Quake deserves it, but then, Quake always did.

This post has been republished to coincide with today’s remastered re-release of Quake on PC and consoles.

Comments

  • I never loved quake the way I did Doom. My first time playing it was on the Saturn, which probably soured it for me from the start.

  • I think it was less about being the next Quake, and more about being the next I’d software.

    3 innovative genre and technology breaking games released in 4 years was monumental in that age.

    • I’d go a bit longer and start at Wolf 3D and end with Quake 3 as one of the most incredible run of releases over what was only a 7 year period. What they did not only for game engines but also online play was pretty incredible.

      It was probably only with that final game and Epic releasing Unreal Tournament and Valves Half Life where it felt like another dev had caught up with what id we’re doing as a total package of technology and gameplay in the FPS genre.

      I’d love to see an alternative reality where John Romero had stayed at id and what that may have produced. Not so much from a game perspective, but due to the fact it was Romero who was more interested in having ids tech packaged and licensed to third parties as an industry tool. Supposedly Carmack was less interested in the licensing of engines which might explain in part why Epic was able to run away with that market in later years, with id’s engines being far less common.

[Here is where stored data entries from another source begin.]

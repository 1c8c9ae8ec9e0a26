-- ===== src/Dnssec/Ring.antt =====
-- The ring of hashes: which hashes a record of the chain covers.
use xfx1_dns.Prelude.{
  ◌≡◌, refl, ◌∙◌, inl, inr, Bool, true, false, not, Option, none, some, List, [], ◌∷◌, arith,
  if◌then◌else◌, any, Bool-cases,
}
use xfx1_dns.Dnssec.{Hashing, before, covers, owner_hash, next_hash_of, find_covering}
use xfx1_dns.Dnssec.Order.{before_irrefl, before_trans, before_total}
use xfx1_dns.Rec.Rr.{Rr}
use xfx1_dns.Prelude.Bytes.{Bytes, bytes_eq, bytes_eq_iff}

-- The hash behind an owner: that of the next owner, or the first of the ring.
abbrev pub following : Bytes → List Bytes → Bytes
following top [] = top
following top (b ∷ hs) = b

abbrev pub Above : Bytes → List Bytes → Type 0
Above a [] = Unit
Above a (b ∷ hs) = before a b ≡ true

abbrev pub Ascending : List Bytes → Type 0
Ascending [] = Unit
Ascending (a ∷ hs) = Above a hs × Ascending hs

-- Whether a segment of the ring covers a hash.
covered : Bytes → List Bytes → Bytes → Bool
covered top [] t = false
covered top (a ∷ hs) t =
    let rest = covered top hs t in if covers a (following top hs) t then true else rest

-- A hash above `a` that is no owner is covered from there on.
covered-above :
    (top a : Bytes) (hs : List Bytes) (t : Bytes)
    → before a top ≡ false
    → Ascending (a ∷ hs)
    → before a t ≡ true
    → any (λ k. bytes_eq k t) hs ≡ false
    → covered top (a ∷ hs) t ≡ true
unfolding covered covers
covered-above top a [] t low asc h fresh = ground (arith, low, h)
covered-above top a (b ∷ hs) t low asc h fresh = elim (Bool-cases (before t b)) [
  | inl e ↦ rw (asc.0, h, e) refl
  | inr e ↦
      let other : before b t ≡ true = elim (Bool-cases (before b t)) [
        | inl d ↦ d
        | inr d ↦
            let same = before_total b t d e in
            let hit = (bytes_eq_iff b t).1 same in cc (rw hit at fresh)
      ] in
      let rest_fresh : any (λ k. bytes_eq k t) hs ≡ false = ground (arith, fresh) in
      let low_b : before b top ≡ false = elim (Bool-cases (before b top)) [
        | inl d ↦ let loop = before_trans a b top asc.0 d in cc
        | inr d ↦ d
      ] in
      let rest = covered-above top b hs t low_b asc.1 other rest_fresh in ground (arith, rest)
]

-- A hash below the first owner is covered where the ring closes.
covered-below :
    (top a : Bytes) (hs : List Bytes) (t : Bytes)
    → before a top ≡ false
    → Ascending (a ∷ hs)
    → before t top ≡ true
    → covered top (a ∷ hs) t ≡ true
unfolding covered covers
covered-below top a [] t low asc h = ground (arith, low, h)
covered-below top a (b ∷ hs) t low asc h =
    let low_b : before b top ≡ false = elim (Bool-cases (before b top)) [
      | inl d ↦ let loop = before_trans a b top asc.0 d in cc
      | inr d ↦ d
    ] in
    let rest = covered-below top b hs t low_b asc.1 h in ground (arith, rest)

-- A hash up to `a` and from the first owner on is not covered from `a` on.
uncovered-low :
    (top a : Bytes) (hs : List Bytes) (t : Bytes)
    → before t top ≡ false
    → Ascending (a ∷ hs)
    → before a t ≡ false
    → covered top (a ∷ hs) t ≡ false
unfolding covered covers
uncovered-low top a [] t low asc h = ground (arith, low, h)
uncovered-low top a (b ∷ hs) t low asc h =
    let b_high : before b t ≡ false = elim (Bool-cases (before b t)) [
      | inl d ↦ let loop = before_trans a b t asc.0 d in cc
      | inr d ↦ d
    ] in
    let rest = uncovered-low top b hs t low asc.1 b_high in ground (arith, asc.0, h, rest)

-- A member of an ascending list is not below its first.
member-ge :
    (a : Bytes) (hs : List Bytes) (t : Bytes)
    → Ascending (a ∷ hs)
    → any (λ k. bytes_eq k t) (a ∷ hs) ≡ true
    → before t a ≡ false
member-ge a [] t asc h = elim (Bool-cases (bytes_eq a t)) [
  | inl e ↦ let same = (bytes_eq_iff a t).0 e in rw (← same) (before_irrefl a)
  | inr e ↦ cc (rw e at h)
]
member-ge a (b ∷ hs) t asc h = elim (Bool-cases (bytes_eq a t)) [
  | inl e ↦ let same = (bytes_eq_iff a t).0 e in rw (← same) (before_irrefl a)
  | inr e ↦
      let above_b = member-ge b hs t asc.1 (rw e at h) in
      elim (Bool-cases (before t a)) [
        | inl d ↦ let loop = before_trans t a b d asc.0 in cc
        | inr d ↦ d
      ]
]

covered-cons :
    (top a b : Bytes) (hs : List Bytes) (t : Bytes)
    → before a b ≡ true
    → before t b ≡ false
    → covered top (b ∷ hs) t ≡ false
    → covered top (a ∷ b ∷ hs) t ≡ false
unfolding covered covers
covered-cons top a b hs t h k rest = ground (arith, h, k, rest)

-- An owner is not covered.
uncovered-owner :
    (top a : Bytes) (hs : List Bytes) (t : Bytes)
    → before t top ≡ false
    → Ascending (a ∷ hs)
    → any (λ k. bytes_eq k t) (a ∷ hs) ≡ true
    → covered top (a ∷ hs) t ≡ false
uncovered-owner top a [] t low asc h = elim (Bool-cases (bytes_eq a t)) [
  | inl e ↦
      let same = (bytes_eq_iff a t).0 e in
      uncovered-low top a [] t low asc (rw (← same) (before_irrefl a))
  | inr e ↦ cc (rw e at h)
]
uncovered-owner top a (b ∷ hs) t low asc h = elim (Bool-cases (bytes_eq a t)) [
  | inl e ↦
      let same = (bytes_eq_iff a t).0 e in
      uncovered-low top a (b ∷ hs) t low asc (rw (← same) (before_irrefl a))
  | inr e ↦
      let tail = rw e at h in
      let under = member-ge b hs t asc.1 tail in
      let rest = uncovered-owner top b hs t low asc.1 tail in
      covered-cons top a b hs t asc.0 under rest
]

-- A whole ring covers what is no owner.
covered-ring :
    (top : Bytes) (hs : List Bytes) (t : Bytes)
    → Ascending (top ∷ hs)
    → covered top (top ∷ hs) t ≡ not (any (λ k. bytes_eq k t) (top ∷ hs))
covered-ring top hs t asc = elim (Bool-cases (any (λ k. bytes_eq k t) (top ∷ hs))) [
  | inl e ↦ uncovered-owner top top hs t (member-ge top hs t asc e) asc e ∙ rw e refl
  | inr e ↦ elim (Bool-cases (before t top)) [
    | inl d ↦ covered-below top top hs t (before_irrefl top) asc d ∙ rw e refl
    | inr d ↦
        let above : before top t ≡ true = elim (Bool-cases (before top t)) [
          | inl k ↦ k
          | inr k ↦
              let same = before_total top t k d in
              let hit = (bytes_eq_iff top t).1 same in cc (rw hit at e)
        ] in
        let fresh : any (λ k. bytes_eq k t) hs ≡ false = ground (arith, e) in
        covered-above top top hs t (before_irrefl top) asc above fresh ∙ rw e refl
  ]
]

module _ (h : Hashing) where
  -- The records of a chain with the owners' hashes: each has the next hash of the ring.
  pub data Ring (top : Bytes) : List Rr → List Bytes → Type 0 where
    closed : Ring top [] []
    linked :
        (rr : Rr) (rrs : List Rr) (a : Bytes) (hs : List Bytes)
        → owner_hash h rr.name ≡ some a
        → next_hash_of rr.opts ≡ some (following top hs)
        → Ring top rrs hs
        → Ring top (rr ∷ rrs) (a ∷ hs)

  abbrev pub is_found : Option Rr → Bool
  is_found none = false
  is_found (some rr) = true

  found-covered :
      (top : Bytes) (rrs : List Rr) (hs : List Bytes) (t : Bytes)
      → Ring top rrs hs
      → is_found (find_covering h rrs t) ≡ covered top hs t
  unfolding find_covering covered
  found-covered top rrs hs t closed = refl
  found-covered top rrs hs t (linked rr rrs' a hs' owner behind rest) =
      let later = found-covered top rrs' hs' t rest in rw (owner, behind) (ground (arith, later))

  -- In a ring of one record or more, with the owners' hashes in ascending order, `findCovering`
  -- finds a record for exactly those hashes that are no owner's.
  pub find_covering-Ring :
      (rrs : List Rr) (top : Bytes) (hs : List Bytes) (t : Bytes)
      → Ring top rrs (top ∷ hs)
      → Ascending (top ∷ hs)
      → is_found (find_covering h rrs t) ≡ not (any (λ k. bytes_eq k t) (top ∷ hs))
  find_covering-Ring rrs top hs t ring asc =
      found-covered top rrs (top ∷ hs) t ring ∙ covered-ring top hs t asc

I’d have loved to see id and Epic really competing in that technology front through the 2000’s.

      • True they had a good run… but I think it was Quake that got a lot of studios to realise they can’t catch play catch up.

        Trying to clone an ID game was a futile effort, by the time they cloned a game, ID already made the next game breaking release.

  • Ahhh, the good ol days of playing Quake on dial-up with an internal rotary (unlimited usage!) against the same 6-10 peeps on my ISP! 😀

  • Id’s misstep was Doom 3 and they lost their greatness when they returned to Doom.

    I wish Id would give Quake a proper shot again. Instead Quake 4 was outsourced and was the fall from grace for Raven. Id said they wouldn’t outsource like that again, but then they did with Quake Champions, which wasn’t even built using an Id tech engine.

    Quake Champions was poorly developed which resulted in Id booting out the contracted company, but the damage was done.

    Would Quake Champions have had a better run if Id didn’t short-change it? I think so. The memory leak problem when the game opened up was pretty bad and detracted from performance. With that style of game, it needs to run well as it is particularly unforgiving to a struggling computer.

    Arguably, Quake Champions also overcomplicated itself by jumping on the hero bandwagon. Games don’t do well when it’s designed for monetisation, which seems to be at the forefront of Quake Champions’ design.

  • I must be one of the few but I did not like Quake. I loved Doom, Doom 2 and Quake 2, but not Quake.
    Quake felt like a tech demo. It struggled to run on all systems and because so, it made up for this by limiting the number of enemies on screen and increased the number of shots to kill an enemy to raise the difficulty. A cheap tactic that this game validated for all to come unfortunately.
    The storytelling in Quake is so minimal that it had less storytelling than any of the Doom games, which is a feat unto itself.
    Other games like Rise of the Triad, Duke Nukem and Dark Forces had already introduced vertical aim. Dark Forces even had multi level maps if I recall correctly. None of them had 3d sprites, but until you could have more than 5, there was no point, you may as well play Duck Hunt.
    What Quake did was create an engine that could be used to make better games. Which is the way I see the game. A tech demo.

  • Notable for being the first FPS to use mouselook in a way that didn’t make me barf. Build Engine was the closest runner up, but it was still nauseating.